Et à Bangui, capitale d’un pays à reconstruire qui tente laborieusement de sortir de quatre ans de guerre civile, les grenades sont “facilement disponibles”, explique Gilbert Masumbuko, chef de mission DCA en RCA. “Des restes d’explosifs de guerre ont été trouvés” dans la zone de Fatima I, où se passe la sensibilisation.
Malgré son jeune âge, l’assemblée est attentive. Pour cause: interrogés pour savoir qui a déjà vu des explosifs dans le quartier, les mains s’agitent une à une. Un enfant d’une dizaine d’années se lève et montre du doigt une maison abandonnée, de l’autre côté de la rue. Viviane embraye, raconte à grand renfort de gestes avoir déjà trouvé une munition de RPG (lance-roquettes) dans le quartier.
Selon les derniers chiffres, l’agence onusienne Unmas a fait détonner 827.820 objets explosifs – munitions, grenades, obus – en 2017 dans le pays. “Ceci donne une estimation du grand nombre d’explosifs abandonnés”, note M. Masumbuko.
– Images et panneaux –
La Centrafrique est embourbée depuis 2013 dans un interminable conflit entre groupes armés, qui, après avoir sévi dans la capitale, s’affrontent aujourd’hui dans les provinces pour le contrôle des ressources (or, diamant, bétail). Les combats font rage sur une majorité du territoire, et plus d’un million de personnes -sur les 4,5 millions d’habitants- sont soit déplacées, soit réfugiées dans les pays voisins.
Cette population n’a pas ou peu de connaissance sur les risques des armes et des explosifs abandonnées, et en paie souvent le prix fort.

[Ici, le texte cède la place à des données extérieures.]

-- ===== src/Url/Examples.antt =====
-- URLs with concrete texts: the one address that can be read is 8.8.8.8:443.
use abyss_core.Prelude.{ℕ, List, [], ◌∷◌, Option, none, some, nat_eq, if◌then◌else◌, ◌≡◌, refl}
use abyss_core.Interfaces.{UdpAddr}
use abyss_core.Functional.{value, failed}
use abyss_core.Net.Addresses.{same_bytes, mapped}
use abyss_core.Url.{
  Text, AbyssUrl, codes, bar, slash, try_parse, to_string, is_valid_peer_id, trim_end, is_space,
  all_base58, is_base58, endpoint, split, bracketed, plain_pair, addr_of, cut,
}
use abyss_core.Url.Pieces.{AllNot}
use abyss_core.Url.RoundTrip.{try_parse-to_string, colon_path-refused}

abbrev far : UdpAddr
far = record { ip = mapped (8 ∷ 8 ∷ 8 ∷ 8 ∷ []); port = 443 }

abbrev parse_ip : Text → Option (List ℕ)
parse_ip t = if same_bytes t (codes "8.8.8.8") then some far.ip else none

abbrev atoi : Text → Option ℕ
atoi t = if same_bytes t (codes "443") then some 443 else none

abbrev print_addr : UdpAddr → Text
print_addr a = codes "8.8.8.8:443"

abbrev hash : Text
hash = codes "Iabcdefghijkmnopqrstuvwxyz12345678"

abbrev url : AbyssUrl
url = record { scheme = codes "abyss"; hash = hash; addresses = far ∷ []; path = codes "room" }

without_bar : AllNot bar (print_addr far)
without_bar =
    (refl, (refl, (refl, (refl, (refl, (refl, (refl, (refl, (refl, (refl, (refl, tt)))))))))))

without_slash : AllNot slash (print_addr far)
without_slash =
    (refl, (refl, (refl, (refl, (refl, (refl, (refl, (refl, (refl, (refl, (refl, tt)))))))))))

try_parse-to_string_example : try_parse parse_ip atoi (to_string print_addr url) ≡ value url
unfolding is_valid_peer_id all_base58 is_base58 trim_end is_space endpoint split bracketed
    plain_pair addr_of cut
try_parse-to_string_example = try_parse-to_string parse_ip atoi print_addr url (record {
  scheme = refl;
  hash = refl;
  addresses = (refl, without_bar, without_slash, tt);
  path = tt;
  no_space = refl;
})

colon_path-refused_example :
    try_parse parse_ip atoi (
      to_string print_addr
        (record { scheme = codes "abyss"; hash = hash; addresses = []; path = codes "a:b" }))
    ≡ failed "invalid peer hash"
unfolding is_valid_peer_id all_base58 is_base58 trim_end is_space
colon_path-refused_example =
    colon_path-refused parse_ip atoi print_addr hash (codes "a") (codes "b") refl (refl, tt) refl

“Il y a un mois, on nous a rapporté que quelqu’un a trouvé une grenade non explosée. La personne a ramené l’engin au village, les enfants ont joué avec. La grenade a explosé, les enfants sont morts”, raconte à l’AFP Loïc, avant de reprendre son plaidoyer à la vingtaine de personnes présentes.
Ce mardi, dans ce quartier périphérique de la capitale aux faux airs de campagne, avec son absence de route et l’omniprésence d’une terre ocre, il y a autant d’enfants que d’adultes pour se “sensibiliser” aux munitions non-explosées. Chacun regarde avec attention les larges panneaux plastifiés où des grands dessins expliquent les différentes situations à éviter.
“S’il y a une maison abandonnée, s’il y a un ancien camp militaire, si un quartier est vide, peut-être que l’endroit est pollué. Il faut faire très attention!”, continue l’humanitaire.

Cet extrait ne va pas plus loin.